Мы включены в общемировой процесс заболевания, не надо думать, что это происходит только в
России, это происходит во всем мире. Я имею в виду, свободный мир, мир огромных возможностей.
Наши кинозрители — молодежь от 14 до 18-20 лет ходят в кино, только на развлекательные фильмы.
Взрослые в кино вообще не ходят. Люди раньше вспоминали фильмы, которые видели в детстве. Эти
фильмы стали вехами, отметками, их общими воспоминаниями о жизни. Это очень интересное явление,
которого сейчас мы абсолютно лишены.
Поэтому у нас происходят удивительные вещи. Например, у нас не пользуется успехом драма, которую
любят во всем мире. У нас нет фильмов о современной семейной жизни, об отношениях людей, нет
фильмов, которые говорят о конфликте отцов и детей, у нас даже детективы не имеют успеха,
молодежь опростилась до того, что она перестала считывать сложный сюжет. Ходят на скетчи, на это у
них интеллекта хватает. Все это говорит о том, что образованность стала не престижной, английский
язык учат не для того, чтобы на нем читать художественную литературу, а чтобы работать в какой-
нибудь фирме. Быть культурным человеком стало почти стыдным.

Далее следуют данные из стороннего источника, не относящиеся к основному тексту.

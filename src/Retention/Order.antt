-- ===== src/Retention/Order.antt =====
-- The eviction order.
use torrent_tv.Prelude.{◌≡◌, Bool, true, false, not, List, [], ◌∷◌, arith}
use torrent_tv.Prelude.Bytes.{Bytes}
use torrent_tv.Prelude.Comparators.{
  Ordering, IsComparator, compare_nat, compare_int, compare_bytes, compare_bytes-eq,
  compare_nat-IsComparator, compare_int-IsComparator, compare_bytes-IsComparator, key-IsComparator,
  swap-IsComparator, or_else-IsComparator,
}
use torrent_tv.Retention.{
  RetentionRoute, Rule, oldest_completed, newest_completed, least_recently_played,
  most_recently_played, watched_first, never_watched_first, largest, smallest, completed_at,
  last_activity, bool_first, rule_of, compare_by, compare_routes, less,
}

bool_first-IsComparator : IsComparator bool_first
bool_first-IsComparator = record {
  flip = λ a b. ground arith;
  trans = λ a b c h k. ground arith;
  ties = λ a b c e. ground arith;
}

module _ {F : Type 0} where
  compare_by-IsComparator : (rule : Rule) → IsComparator {A = RetentionRoute F} (compare_by rule)
  unfolding compare_by
  compare_by-IsComparator newest_completed =
      swap-IsComparator _ (key-IsComparator completed_at compare_nat compare_nat-IsComparator)
  compare_by-IsComparator least_recently_played =
      key-IsComparator last_activity compare_nat compare_nat-IsComparator
  compare_by-IsComparator most_recently_played =
      swap-IsComparator _ (key-IsComparator last_activity compare_nat compare_nat-IsComparator)
  compare_by-IsComparator watched_first =
      key-IsComparator (λ (r : RetentionRoute F). r.watched) bool_first bool_first-IsComparator
  compare_by-IsComparator never_watched_first =
      key-IsComparator (λ (r : RetentionRoute F). not r.watched) bool_first bool_first-IsComparator
  compare_by-IsComparator largest = swap-IsComparator _ (
      key-IsComparator (λ (r : RetentionRoute F). r.status.total_bytes) compare_int
        compare_int-IsComparator)
  compare_by-IsComparator smallest =
      key-IsComparator (λ (r : RetentionRoute F). r.status.total_bytes) compare_int
        compare_int-IsComparator
  compare_by-IsComparator oldest_completed =
      key-IsComparator completed_at compare_nat compare_nat-IsComparator

  pub compare_routes-IsComparator :
      (rules : List Bytes) → IsComparator {A = RetentionRoute F} (compare_routes rules)
  unfolding compare_routes
  compare_routes-IsComparator [] =
      or_else-IsComparator _ _ (key-IsComparator completed_at compare_nat compare_nat-IsComparator)
        (key-IsComparator (λ (r : RetentionRoute F). r.engine_id) compare_bytes
          compare_bytes-IsComparator)
  compare_routes-IsComparator (rule ∷ rules) =
      or_else-IsComparator _ _ (compare_by-IsComparator (rule_of rule))
        (compare_routes-IsComparator rules)

  -- A tie under every rule is a tie on the engine route.
  compare_routes-eq :
      (rules : List Bytes) (a b : RetentionRoute F)
      → compare_routes rules a b ≡ Ordering.eq
      → a.engine_id ≡ b.engine_id
  unfolding compare_routes
  compare_routes-eq [] a b e = compare_bytes-eq a.engine_id b.engine_id (ground arith)
  compare_routes-eq (rule ∷ rules) a b e = compare_routes-eq rules a b (ground arith)

  -- What `sort.Slice` asks of a less function (a strict weak order), and that it leaves no tie between
  -- different engine routes.
  pub record IsStrictTotal (lt : RetentionRoute F → RetentionRoute F → Bool) : Type 0 where
    pub irrefl : (a : RetentionRoute F) → lt a a ≡ false
    pub trans : (a b c : RetentionRoute F) → lt a b ≡ true → lt b c ≡ true → lt a c ≡ true
    pub asym : (a b : RetentionRoute F) → lt a b ≡ true → lt b a ≡ false
    pub ties : (a b c : RetentionRoute F) → lt a b ≡ false → lt b a ≡ false → lt a c ≡ lt b c
    pub total :
        (a b : RetentionRoute F) → lt a b ≡ false → lt b a ≡ false → a.engine_id ≡ b.engine_id

  -- For every list of rules the eviction order is a strict weak order that ties different engine
  -- routes nowhere.
  pub less-IsStrictTotal : (rules : List Bytes) → IsStrictTotal (less rules)
  unfolding less
  less-IsStrictTotal rules = record {
    irrefl = λ a. ground (arith, v.flip a a);
    trans = λ a b c h k. ground (arith, v.trans a b c);
    asym = λ a b h. ground (arith, v.flip a b);
    ties = λ a b c h k. ground (arith, v.flip a b, v.ties a b c);
    total = λ a b h k. compare_routes-eq rules a b (ground (arith, v.flip a b));
  }
    where
      v : IsComparator {A = RetentionRoute F} (compare_routes rules)
      v = compare_routes-IsComparator rules
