-- ===== src/Retention/Victim.antt =====
-- Which route `evictNext` takes. `sort.Slice` is a parameter with what its documentation says.
use torrent_tv.Prelude.{
  ◌≡◌, refl, sym, ap, ◌∙◌, Bool, true, false, not, List, [], ◌∷◌, ◌⊎◌, ◌↔◌, inl, inr, Option, none,
  some, arith, keep, In, Bool-cases,
}
use torrent_tv.Prelude.Bytes.{Bytes}
use torrent_tv.Retention.{Float, RetentionRoute, Settings, less, retention_protected}
use torrent_tv.Retention.Order.{IsStrictTotal, less-IsStrictTotal}

module _ {F : Type 0} where
  -- No later element is less than an earlier one.
  abbrev pub IsSorted :
      (RetentionRoute F → RetentionRoute F → Bool) → List (RetentionRoute F) → Type 0
  IsSorted lt [] = Unit
  IsSorted lt (x ∷ xs) = ((y : RetentionRoute F) → In y xs → lt y x ≡ false) × IsSorted lt xs

-- `sort.Slice`: the same elements, sorted if the less function is a strict order.
pub record SliceSort (F : Type 0) : Type 0 where
  pub sort :
      (RetentionRoute F → RetentionRoute F → Bool)
      → List (RetentionRoute F)
      → List (RetentionRoute F)
  pub sort-In :
      (lt : RetentionRoute F → RetentionRoute F → Bool) (rs : List (RetentionRoute F))
      (r : RetentionRoute F)
      → In r (sort lt rs) ↔ In r rs
  pub sort-IsSorted :
      (lt : RetentionRoute F → RetentionRoute F → Bool) (rs : List (RetentionRoute F))
      → IsStrictTotal lt
      → IsSorted lt (sort lt rs)

module _ {F : Type 0} (float : Float F) (sorter : SliceSort F) where
  pub candidates : (Bytes → Bool) → Settings F → List (RetentionRoute F) → List (RetentionRoute F)
  candidates leases settings = keep (λ r. not (retention_protected float leases settings r))

  pub apply_eviction_rules : List Bytes → List (RetentionRoute F) → List (RetentionRoute F)
  apply_eviction_rules rules = sorter.sort (less rules)

  abbrev pub first_of_list : List (RetentionRoute F) → Option (RetentionRoute F)
  first_of_list [] = none
  first_of_list (r ∷ rs) = some r

  -- The victim of `evictNext`, if there is one.
  unfoldable pub victim_of :
      (Bytes → Bool) → Settings F → List Bytes → List (RetentionRoute F) → Option (RetentionRoute F)
  unfolding candidates apply_eviction_rules
  victim_of leases settings rules routes =
      first_of_list (apply_eviction_rules rules (candidates leases settings routes))

  abbrev Eligible :
      (Bytes → Bool) → Settings F → List (RetentionRoute F) → RetentionRoute F → Type 0
  Eligible leases settings routes r =
      In r routes × (retention_protected float leases settings r ≡ false)

  passed_over :
      (leases : Bytes → Bool) (settings : Settings F) (x : RetentionRoute F)
      (xs : List (RetentionRoute F)) (r : RetentionRoute F)
      → retention_protected float leases settings x ≡ true
      → Eligible leases settings (x ∷ xs) r
      → Eligible leases settings xs r
  passed_over leases settings x xs r shielded (inl e, h) =
      let b : true ≡ false =
        sym shielded ∙ sym (ap (retention_protected float leases settings) e) ∙ h in
      cc
  passed_over leases settings x xs r shielded (inr i, h) = (i, h)

  candidates_skip :
      (leases : Bytes → Bool) (settings : Settings F) (x : RetentionRoute F)
      (xs : List (RetentionRoute F))
      → retention_protected float leases settings x ≡ true
      → candidates leases settings (x ∷ xs) ≡ candidates leases settings xs
  unfolding candidates
  candidates_skip leases settings x xs e = ground arith

  candidates_take :
      (leases : Bytes → Bool) (settings : Settings F) (x : RetentionRoute F)
      (xs : List (RetentionRoute F))
      → retention_protected float leases settings x ≡ false
      → candidates leases settings (x ∷ xs) ≡ x ∷ candidates leases settings xs
  unfolding candidates
  candidates_take leases settings x xs e = ground arith

  In-candidates :
      (leases : Bytes → Bool) (settings : Settings F) (routes : List (RetentionRoute F))
      (r : RetentionRoute F)
      → In r (candidates leases settings routes) ↔ Eligible leases settings routes r
  In-candidates leases settings [] r = unfold candidates in ((λ h. absurd h), (λ h. absurd h.0))
  In-candidates leases settings (x ∷ xs) r =
      let ih = In-candidates leases settings xs r in
      elim (Bool-cases (retention_protected float leases settings x)) [
        | inl shielded ↦ rw (candidates_skip leases settings x xs shielded) (
          (λ i. let (j, h) = ih.0 i in (inr j, h)),
          (λ h. ih.1 (passed_over leases settings x xs r shielded h)),
        )
        | inr exposed ↦ rw (candidates_take leases settings x xs exposed) (
          (λ i. elim i [
            | inl e ↦ (inl e, ap (retention_protected float leases settings) e ∙ exposed)
            | inr j ↦ (inr (ih.0 j).0, (ih.0 j).1)
          ]),
          (λ h. elim (h.0) [ inl e ↦ inl e | inr j ↦ inr (ih.1 (j, h.1)) ]),
        )
      ]

  -- What a choice among the surveyed routes has to be.
  unfoldable pub Chosen :
      (Bytes → Bool)
      → Settings F
      → List Bytes
      → List (RetentionRoute F)
      → Option (RetentionRoute F)
      → Type 0
  Chosen leases settings rules routes none =
      (r : RetentionRoute F) → In r routes → retention_protected float leases settings r ≡ true
  Chosen leases settings rules routes (some v) =
      Eligible leases settings routes v
      × ((r : RetentionRoute F)
          → Eligible leases settings routes r
          → (less rules r v ≡ false) × ((less rules v r ≡ true) ⊎ (r.engine_id ≡ v.engine_id)))

  head-Chosen :
      (leases : Bytes → Bool) (settings : Settings F) (rules : List Bytes)
      (routes sorted : List (RetentionRoute F))
      → ((r : RetentionRoute F) → In r sorted ↔ Eligible leases settings routes r)
      → IsSorted (less rules) sorted
      → Chosen leases settings rules routes (first_of_list sorted)
  unfolding Chosen
  head-Chosen leases settings rules routes [] same sorted = λ r i.
      elim (Bool-cases (retention_protected float leases settings r)) [
        | inl h ↦ h
        | inr h ↦ absurd ((same r).1 (i, h))
      ]
  head-Chosen leases settings rules routes (v ∷ rest) same (first, sorted) =
      ((same v).0 (inl refl), λ r h. after_first r ((same r).1 h))
    where
      order : IsStrictTotal {F = F} (less rules)
      order = less-IsStrictTotal rules

      after_first :
          (r : RetentionRoute F)
          → In r (v ∷ rest)
          → (less rules r v ≡ false) × ((less rules v r ≡ true) ⊎ (r.engine_id ≡ v.engine_id))
      after_first r (inl e) = (
        ap (λ x. less rules x v) e ∙ order.irrefl v,
        inr (ap (λ (x : RetentionRoute F). x.engine_id) e),
      )
      after_first r (inr i) = (
        first r i,
        elim (Bool-cases (less rules v r)) [
          | inl h ↦ inl h
          | inr h ↦ inr (order.total r v (first r i) h)
        ],
      )

  -- The victim is a surveyed route that is not protected, and comes strictly before every other such
  -- route in the order of the configured rules, so it does not depend on how `sort.Slice` sorts; there
  -- is none exactly if every surveyed route is protected.
  pub victim_of-Chosen :
      (leases : Bytes → Bool) (settings : Settings F) (rules : List Bytes)
      (routes : List (RetentionRoute F))
      → Chosen leases settings rules routes (victim_of leases settings rules routes)
  unfolding victim_of
  victim_of-Chosen leases settings rules routes =
      head-Chosen leases settings rules routes _
        (λ r.
          let s = sorter.sort-In (less rules) (candidates leases settings routes) r in
          let c = In-candidates leases settings routes r in
          ((λ i. c.0 (s.0 i)), (λ h. s.1 (c.1 h))))
        (sorter.sort-IsSorted (less rules) (candidates leases settings routes)
          (less-IsStrictTotal rules))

РГ: Неужели все настолько критично?
Лунгин: Общество очень тонко реагирует на те ценности, которые ему транслируются элитой. Когда
изменится отношение к культуре со стороны элит и государственных мужей, народ тут же начнет
реагировать, это совершенно очевидно.
РГ: Но ведь одним вложением денег здесь не обойтись.
Лунгин: Прежде всего, надо думать об этом. Можно ли окончательно вылечить эту духовную болезнь, я
не знаю, но то, что ослабить ее можно, это точно. Пора увидеть опасность, поставить задачу и
постараться решить ее. В результате нашего культурного дефицита Россия может расслоиться на два
народа — те 5-8 миллионов, которые продолжают жить в культурном мире и разделять общекультурные
ценности и другую, большую Россию, которой они кажутся абракадаброй. Модернизация касается и
духовной сферы. Я так понимаю задачу президента Дмитрия Медведева — объединение этих двух
Россий.
Шестаков: Но во все времена интеллигенция традиционно считала, что власть оказывает
недостаточное внимание культуре.
Лунгин: Нет, раньше проблема заключалась в том, что власть слишком много внимания уделяла слову.
Мы жили во времена цензуры, и в XIX веке, как вы знаете, и в XVIII веке, когда наказывали Фонвизина,
когда царь сказал Пушкину: я буду твоим цензором, когда при советской власти выгоняли людей из
Союза писателей, арестовывали. Однако даже в этой суровости цензуры, по крайней мере, был интерес
и внимание к культуре, власть верила в силу слова.
Сейчас — пиши что хочешь, говори что хочешь, делай что хочешь, нет никакой реакции — ни
положительной, ни отрицательной. Вообще никакой реакции. Поколение старших кинорежиссеров
практически перестало работать после того, как исчезла цензура. Я много думал об этом. О том, почему
этим талантливым людям, не хочу называть их имена, после того, как ушла цензура, было нечего
сказать. Возможно, потому, что им не хватало не запретов, а пристального внимания к их творчеству.
Это сложная и противоречивая тема. Я просто пытаюсь сказать, что даже когда существовало
неравнодушное, злобное цензурирование — это все равно было выражение интереса власти к
культуре. Сейчас этого нет- пиши, что хочешь, все равно это никого не волнует. Это нематериально.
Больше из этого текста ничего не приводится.